An experience you will never forget !!

The vie to Ben Lomond is worth it though !!


----------



## TerryL (Feb 19, 2009)

Hmmmm! Have they started early this year? Must be the wet.

As many MHers know,for the OP and anybody else going there, Avon Skin So Soft moisturiser - the little b-----s hate it. Most Scottish campsites sell it!

Doesn't put us off Scotland though, we love ALL of it!

Terry


----------



## Patty123 (Oct 4, 2010)

Oh my gosh, they are early this year, we had a wonderful time touring Scotland for 6 weeks, staring 1 April, we stayed at that site at Luss and not a midge in sight, loved it, beautiful view and lovely sunsets too.

Patty


----------



## ardgour (Mar 22, 2008)

BEWARE - the midge is evolving :twisted: 
I was bitten on 1st December last year and spoke to someone who was bitten during that warm spell in March. It used to be that you were safe from September through till end of June but someone must have given the little blighters woolly jackets 8O 

Chris


----------



## mandyandandy (Oct 1, 2006)

Have to say it is the one reason I don't really want to visit Scotland. 
Stayed in a cottage a number of years ago on Harris, fantastic time and not a midge, coming back stopped for cup of tea in layby around dusk (yes I know!) but it was like a black cloud over us. Totally put me off along with comment on here. 

Avons Skin so Soft dry body oil spray works all over the world, best thing they ever made   

Mandy


----------



## dovtrams (Aug 18, 2009)

We are just back from Poolewe and my blind friend is practising his braille on my head.
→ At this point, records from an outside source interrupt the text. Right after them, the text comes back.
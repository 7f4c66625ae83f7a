-- ===== src/Server/Admin/Users/SignedOut.antt =====
-- Who has no session any more after an administrator's change (admin-users.service.ts).
use seleksi2_labpro.Prelude.{
  ℕ, ◌≡◌, String, false, ◌&&◌, Option, some, arith, ok, err, find_by, is_none, subst, sym,
  same_text, All, ◌>>=◌, ◌===◌,
}
use seleksi2_labpro.Prelude.Moves.{moves_rules}
use seleksi2_labpro.Prelude.Ensures.{
  Ensures, Ensures-behind, Ensures-keeps, Ensures-or_throw, Ensures-gets, Keeps-preorder,
}
use seleksi2_labpro.Database.{Prisma, reference, IsDocumented, documented}
use seleksi2_labpro.Database.Transactions.{Ensures-transaction}
use seleksi2_labpro.Schema.Accounts.{User, active, inactive}
use seleksi2_labpro.Schema.Sessions.{SsoSession, AccessToken, is_active}
use seleksi2_labpro.Database.Rows.{find_by-All}
use seleksi2_labpro.Server.Store.{ServerStore, user_info}
use seleksi2_labpro.Server.Runtime.{Runtime, Settings, Call, hash_secret}
use seleksi2_labpro.Server.Auth.{get_current_session, is_session_hash, invalid_session, is_live}
use seleksi2_labpro.Server.Auth.Logout.{ended-refused}
use seleksi2_labpro.Server.UserInfo.{get_profile, is_token_hash, parse_bearer_token, is_live_token}
use seleksi2_labpro.Server.UserInfo.Access.{refused}
use seleksi2_labpro.Server.Admin.{AdminCall}
use seleksi2_labpro.Server.Admin.Revocation.Complete.{
  IsSignedOut, audited-Keeps, deactivation_signs_out, password_change_signs_out,
}
use seleksi2_labpro.Server.Admin.Users.{
  set_status, update_status, change_status, set_password, update_password,
}

module _ (rt : Runtime) (c : AdminCall) (id : String) where
  set_password-IsSignedOut :
      (password_hash : String)
      → Ensures (λ s s'. IsSignedOut id s') (set_password ⦃db = reference⦄ rt c id password_hash)
  unfolding set_password
  set_password-IsSignedOut password_hash = Ensures-behind (IsSignedOut id) _ _ λ row.
      Ensures-keeps (IsSignedOut id) _ _ (password_change_signs_out rt c id)
        λ u. audited-Keeps rt c id _

  update_password-IsSignedOut :
      (password : String)
      → Ensures (λ s s'. IsSignedOut id s') (update_password ⦃db = reference⦄ rt c id password)
  unfolding update_password
  update_password-IsSignedOut password = Ensures-gets _ _ λ found.
      Ensures-or_throw _ _ _
        λ user e. Ensures-transaction _ _ (set_password-IsSignedOut (c.hash_password password))

  set_status-IsSignedOut :
      Ensures (λ s s'. IsSignedOut id s') (set_status ⦃db = reference⦄ rt c id inactive)
  unfolding set_status
  set_status-IsSignedOut = Ensures-behind (IsSignedOut id) _ _ λ row.
      Ensures-keeps (IsSignedOut id) _ _ (deactivation_signs_out rt c id)
        λ u. search (Keeps-preorder (IsSignedOut id), moves_rules, audited-Keeps rt c id) depth 8

  change_status-IsSignedOut :
      Ensures (λ s s'. IsSignedOut id s') (change_status ⦃db = reference⦄ rt c id inactive)
  unfolding change_status
  change_status-IsSignedOut = Ensures-behind (IsSignedOut id) _ _ λ administrates.
      Ensures-behind (IsSignedOut id) _ _ λ u. Ensures-transaction _ _ set_status-IsSignedOut

  update_status-IsSignedOut :
      (s : ServerStore) (u v : User)
      → find_by (λ (x : User). x.id === id) s.users ≡ some u
      → u.status ≡ active
      → (update_status ⦃db = reference⦄ rt c id inactive s).0 ≡ ok v
      → IsSignedOut id (update_status ⦃db = reference⦄ rt c id inactive s).1
  unfolding update_status ◌>>=◌
  update_status-IsSignedOut s u v found on done =
      rw (found, on) (change_status-IsSignedOut.at s v (rw (found, on) at done))

session_not_live :
    (id : String) (r : SsoSession)
    → (r.user_id === id && is_active r.status && is_none r.revoked_at) ≡ false
    → r.user_id ≡ id
    → (now : ℕ) → is_live now r ≡ false
session_not_live id r out mine now =
    let k : (is_active r.status && is_none r.revoked_at) ≡ false =
      ground (arith, same_text id, rw mine at out) in
    ground (arith, k)

token_not_live :
    (id : String) (r : AccessToken)
    → (r.user_id === id && is_active r.status && is_none r.revoked_at) ≡ false
    → r.user_id ≡ id
    → (now : ℕ) → is_live_token now r ≡ false
token_not_live id r out mine now =
    let k : (is_active r.status && is_none r.revoked_at) ≡ false =
      ground (arith, same_text id, rw mine at out) in
    ground (arith, k)

-- A session and a token of a user who is signed out are refused.
module _ (rt : Runtime) (cfg : Settings) (c : Call) (id : String) (s s' : ServerStore) where
  cookie_refused :
      (cookie : String) (r : SsoSession)
      → IsSignedOut id s
      → s'.sso_sessions ≡ s.sso_sessions
      → find_by (is_session_hash (hash_secret rt cookie)) s'.sso_sessions ≡ some r
      → r.user_id ≡ id
      → (get_current_session ⦃db = reference⦄ rt cfg c cookie s').0 ≡ err invalid_session
  cookie_refused cookie r out kept found mine = ended-refused rt cfg c cookie s' λ x here now.
      let same : r ≡ x = ground (arith, found, here) in
      subst (λ y. is_live now y ≡ false) same
        (session_not_live id r
          (find_by-All _ (is_session_hash (hash_secret rt cookie)) s'.sso_sessions r
            (subst (All _) (sym kept) out.sessions) found)
          mine now)

  token_refused :
      (header : Option String) (token : String) (t : AccessToken)
      → IsSignedOut id s
      → s'.access_tokens ≡ s.access_tokens
      → parse_bearer_token header ≡ some token
      → find_by (is_token_hash (hash_secret rt token)) s'.access_tokens ≡ some t
      → t.user_id ≡ id
      → (get_profile ⦃db = reference⦄ rt c header s').0 ≡ err user_info
  token_refused header token t out kept parsed found mine =
      refused rt c s' t header token parsed found (
        ground (
          arith,
          token_not_live id t
              (find_by-All _ (is_token_hash (hash_secret rt token)) s'.access_tokens t
                (subst (All _) (sym kept) out.tokens) found)
              mine c.now,
        ))

module _ ⦃db : Prisma⦄ (l : IsDocumented db) where
  -- When an administrator has changed a user's password, no cookie of a session that the user had is
  -- accepted at any later time, as long as the table of sessions is the one that the change left.
  pub update_password_refuses_session :
      (rt : Runtime) (cfg : Settings) (c : AdminCall) (later : Call) (id password : String)
      (s s' : ServerStore) (cookie : String) (r : SsoSession)
      → (update_password rt c id password s).0 ≡ ok tt
      → s'.sso_sessions ≡ (update_password rt c id password s).1.sso_sessions
      → find_by (is_session_hash (hash_secret rt cookie)) s'.sso_sessions ≡ some r
      → r.user_id ≡ id
      → (get_current_session rt cfg later cookie s').0 ≡ err invalid_session
  update_password_refuses_session rt cfg c later id password s s' cookie r done kept here mine =
      rw (documented l) (
        cookie_refused rt cfg later id (update_password ⦃db = reference⦄ rt c id password s).1 s'
          cookie r
          ((update_password-IsSignedOut rt c id password).at s tt (rw (documented l) at done))
          (rw (documented l) at kept) here mine)

  -- When an administrator has changed a user's password, no access token that the user had gets a
  -- profile at any later time, as long as the table of tokens is the one that the change left.
  pub update_password_refuses_profile :
      (rt : Runtime) (cfg : Settings) (c : AdminCall) (later : Call) (id password : String)
      (s s' : ServerStore) (token : String) (header : Option String) (t : AccessToken)
      → (update_password rt c id password s).0 ≡ ok tt
      → s'.access_tokens ≡ (update_password rt c id password s).1.access_tokens
      → parse_bearer_token header ≡ some token
      → find_by (is_token_hash (hash_secret rt token)) s'.access_tokens ≡ some t
      → t.user_id ≡ id
      → (get_profile rt later header s').0 ≡ err user_info
  update_password_refuses_profile rt cfg c later id password s s' token header t done kept parsed
        there mine =
      rw (documented l) (
        token_refused rt cfg later id (update_password ⦃db = reference⦄ rt c id password s).1 s'
          header token t
          ((update_password-IsSignedOut rt c id password).at s tt (rw (documented l) at done))
          (rw (documented l) at kept) parsed there mine)

  -- When an administrator has deactivated an active user, no session and no access token of the user
  -- is left that has the status ACTIVE and no time of revocation, and no login of the user that waits
  -- for a second factor is open.
  pub deactivation-IsSignedOut :
      (rt : Runtime) (c : AdminCall) (id : String) (s : ServerStore) (u v : User)
      → find_by (λ (x : User). x.id === id) s.users ≡ some u
      → u.status ≡ active
      → (update_status rt c id inactive s).0 ≡ ok v
      → IsSignedOut id (update_status rt c id inactive s).1
  deactivation-IsSignedOut rt c id s u v found on done =
      rw (documented l)
        (update_status-IsSignedOut rt c id s u v found on (rw (documented l) at done))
Had a great time though and even the A9 being closed for 17 hours did not dampen spirits, there was a real Dunkirk spirit around in Dalwhinnie where we waited from 4 to 8pm.

Dave


----------



## grizzlyj (Oct 14, 2008)

Hiya

We've only been to Scotland in the colder months, and almost had no problems 

But since midges walk straight through the Seitz mossie nets, and wasps walk around the edges, we bought some "no see um" mossie net from here

http://www.pennineoutdoor.co.uk/fabrics/insect-netting-and-lining-mesh/p1h-insect-netting

and the OH made up some velcro'd on window nets, a bigger chunk draping over the door, and then another layer hanging in front of the fixed bed. Self adhesive velcro got stuck on the window frames, and the other piece of non adhesive velcro sewed onto the net with some bias binding and a strip of ripstop material just for appearances. Just trying to sew velcro to the net doesn't work, and self adhesive velcro just gums up the sewing machine, so you need to buy each velcro type as seperate halves, easily available on Ebay etc.

A bug free camper even with windows wide open!


----------



## ardgour (Mar 22, 2008)

The easiest way to keep the mossies out of the van is to treat all your insect screens with permethrin spray (available from outdoor shops like Blacks and sold for treating tents) in the spring each year. The spray is clear and odourless once it dries on, will not damage plastics or anything and is harmless to humans and dogs. It is the stuff that is used on mosquito nets and works for about 6 months after the one application. It doesn't matter if the mesh in your screens is too wide to stop them flying through because it acts as a repellent as well as killing any that come into contact. The beasties will fly off and bite something else  
Make sure it is permethrin though as DEET type repellents will melt plastic and damage your screens.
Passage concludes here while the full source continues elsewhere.